* [GIVEN RECORDS]:
-- ===== src/Pmm/Boot/Total.antt =====
-- src/kernel/pmm.c: `pmm_init` ends, and which frames are free after it.
use zoho_os.Prelude.{
  ℕ, suc, ◌+◌, ◌*◌, ◌%◌, ◌^◌, ◌≤◌, ◌≡◌, refl, Option, some, Bool, true, false, not, ◌&&◌, ◌||◌,
  List, [], ◌∷◌, arith, ◌==◌, ltb, inl, inr, ap, Bool-cases,
}
use zoho_os.Bits.{bit-zero, bit-complement}
use zoho_os.Pmm.{page_size, max_frames, Pmm}
use zoho_os.Pmm.Bitmap.{BitWords, bitmap_test, bitmap_test-bit}
use zoho_os.Pmm.Invariant.{is_free, IsValid, IsAligned}
use zoho_os.Pmm.Boot.{
  MmapEntry, Tag, mmap, other_tag, BootInfo, word64, Scan, mark_entry, mark_entries, mark_tags,
  all_ones, empty_pmm, max_frame, collect, pmm_init,
}
use zoho_os.Pmm.Boot.Loops.{Fits, visited, reserve_loop, Covered, Scanned, mark_loop}
use zoho_os.Pmm.Boot.Valid.{collect-Collected}

-- The frames that the firmware reports as usable.
abbrev pub entry_marks : MmapEntry → ℕ → Bool
entry_marks e f = e.kind == 1 && visited e.addr (e.addr + e.len) f

abbrev pub entries_mark : List MmapEntry → ℕ → Bool
entries_mark [] f = false
entries_mark (e ∷ es) f = entry_marks e f || entries_mark es f

abbrev pub usable : List Tag → ℕ → Bool
usable [] f = false
usable (mmap es ∷ ts) f = entries_mark es f || usable ts f
usable (other_tag ∷ ts) f = usable ts f

-- No range that a loop walks ends in the last page of the address space.
abbrev pub EntriesFit : List MmapEntry → Type 0
EntriesFit [] = Unit {0}
EntriesFit (e ∷ es) = Fits (e.addr + e.len) × EntriesFit es

abbrev pub TagsFit : List Tag → Type 0
TagsFit [] = Unit {0}
TagsFit (mmap es ∷ ts) = EntriesFit es × TagsFit ts
TagsFit (other_tag ∷ ts) = TagsFit ts

pub record BootFits (b : BootInfo) : Type 0 where
  pub tags_fit : TagsFit b.tags
  pub kernel_fits : Fits b.kernel_end
  pub info_fits : Fits (b.mb_info + b.total_size)

abbrev ScansTo : Scan → (ℕ → Bool) → Option Scan → Type 0
ScansTo s marked r = (t : Scan) × (r ≡ some t) × Scanned s marked t

scan_nothing : (s : Scan) → Scanned s (λ f. false) s
scan_nothing s = record { clears = λ f. ground arith; covered = λ c. c }

scan_both :
    (s t u : Scan) (m n : ℕ → Bool) → Scanned s m t → Scanned t n u → Scanned s (λ f. m f || n f) u
scan_both s t u m n x y = record {
  clears = λ f. ground (arith, x.clears f, y.clears f);
  covered = λ c. y.covered (x.covered c);
}

pub all_ones_set : (f : ℕ) → bitmap_test all_ones f ≡ true
all_ones_set f = ground (
  arith,
  bitmap_test-bit all_ones f,
  bit-complement 32 0 (f % 32) (omega arith) (omega arith),
  bit-zero (f % 32),
)

module _ (n : ℕ) (enough : 2 ^ 64 ≤ n * page_size) where
  mark_entry_total :
      (e : MmapEntry) (s : Scan)
      → Fits (e.addr + e.len)
      → ScansTo s (entry_marks e) (mark_entry (suc n) e s)
  unfolding mark_entry
  mark_entry_total e s fits = elim (Bool-cases (e.kind == 1)) [
    | inl avail ↦
        let (t, p, x) = mark_loop n e.addr (e.addr + e.len) s fits (omega arith) in
        (
          t,
          rw (avail, mark_entry) (rw whole p),
          record { clears = λ f. ground (arith, x.clears f); covered = x.covered },
        )
    | inr other ↦
        (s, rw (other, mark_entry), record { clears = λ f. ground arith; covered = λ c. c })
  ]
    where
      whole : word64 (e.addr + e.len) ≡ e.addr + e.len
      whole = omega arith

  mark_entries_total :
      (es : List MmapEntry) (s : Scan)
      → EntriesFit es
      → ScansTo s (entries_mark es) (mark_entries (suc n) es s)
  unfolding mark_entries
  mark_entries_total [] s fits = (s, refl, scan_nothing s)
  mark_entries_total (e ∷ es) s fits =
      let (t, p, x) = mark_entry_total e s fits.0 in
      let (u, q, y) = mark_entries_total es t fits.1 in
      (u, rw p q, scan_both s t u (entry_marks e) (entries_mark es) x y)

  mark_tags_total :
      (ts : List Tag) (s : Scan) → TagsFit ts → ScansTo s (usable ts) (mark_tags (suc n) ts s)
  unfolding mark_tags
  mark_tags_total [] s fits = (s, refl, scan_nothing s)
  mark_tags_total (mmap es ∷ ts) s fits =
      let (t, p, x) = mark_entries_total es s fits.0 in
      let (u, q, y) = mark_tags_total ts t fits.1 in
      (u, rw p q, scan_both s t u (entries_mark es) (usable ts) x y)
  mark_tags_total (other_tag ∷ ts) s fits = mark_tags_total ts s fits

-- The frames that are free once the system has booted: usable memory in the first 4 GiB that holds
-- neither the kernel nor the boot information.
abbrev pub free_after_boot : BootInfo → ℕ → Bool
free_after_boot b f =
    ltb f max_frames
    && usable b.tags f
    && not (visited 0 b.kernel_end f)
    && not (visited b.mb_info (b.mb_info + b.total_size) f)

start : Scan
start = record { words = all_ones; max_addr = 0 }

stack_built :
    (b : BootInfo) (s : Scan) (w w' : BitWords)
    → Scanned start (usable b.tags) s
    → ((f : ℕ) → bitmap_test w f ≡ (bitmap_test s.words f || visited 0 b.kernel_end f))
    → ((f : ℕ)
        → bitmap_test w' f ≡ (bitmap_test w f || visited b.mb_info (b.mb_info + b.total_size) f))
    → let p = collect (max_frame s) 0 (empty_pmm w') in
      IsValid p × IsAligned p × ((f : ℕ) → is_free p f ≡ free_after_boot b f)
unfolding start max_frame empty_pmm
stack_built b s w w' x hw hw' =
    let r = collect-Collected (max_frame s) 0 (empty_pmm w') tt tt (λ g h. ground arith) in
    let bits : (f : ℕ)
        → bitmap_test (collect (max_frame s) 0 (empty_pmm w')).frame_bitmap f ≡ bitmap_test w' f =
      λ f. ap (λ (v : BitWords). bitmap_test v f) r.same_bits in
    let low : Covered s = x.covered (λ f h. absurd (ground (arith, all_ones_set f, h))) in
    (
      record {
        distinct = r.distinct;
        agree = λ f. ground (arith, r.holds f, bits f, hw f, hw' f, low f);
      },
      r.aligned,
      λ f. ground (arith, bits f, hw f, hw' f, x.clears f, all_ones_set f),
    )

-- `pmm_init` ends, with fuel for every page of the address space. It leaves a stack without
-- duplicates that agrees with the bitmap, holds addresses of whole frames only, and makes free
-- exactly the frames of usable memory below 4 GiB that neither reserving loop visits.
pub pmm_init_total :
    (n : ℕ) (b : BootInfo)
    → 2 ^ 64 ≤ n * page_size
    → BootFits b
    → (p : Pmm) × (pmm_init (suc n) b ≡ some p)
      × IsValid p
      × IsAligned p
      × ((f : ℕ) → is_free p f ≡ free_after_boot b f)
unfolding pmm_init start
pmm_init_total n b enough fits =
    let (s, p, x) = mark_tags_total n enough b.tags start fits.tags_fit in
    let (w, q, hw) = reserve_loop n 0 b.kernel_end s.words fits.kernel_fits (omega arith) in
    let (w', r, hw') =
      reserve_loop n b.mb_info (b.mb_info + b.total_size) w fits.info_fits (omega arith) in
    let (v, a, spec) = stack_built b s w w' x hw hw' in
    (collect (max_frame s) 0 (empty_pmm w'), rw p (rw q (rw whole (rw r))), v, a, spec)
  where
    whole : word64 (b.mb_info + b.total_size) ≡ b.mb_info + b.total_size
    whole = omega arith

* [YOUR TASK]:
Please copy nothing but the lines from the one that holds "whole : word64 (b.mb_info" through the last line of the material above, exactly as written.

* [WRITTEN REPLY]:
    whole : word64 (b.mb_info + b.total_size) ≡ b.mb_info + b.total_size
    whole = omega arith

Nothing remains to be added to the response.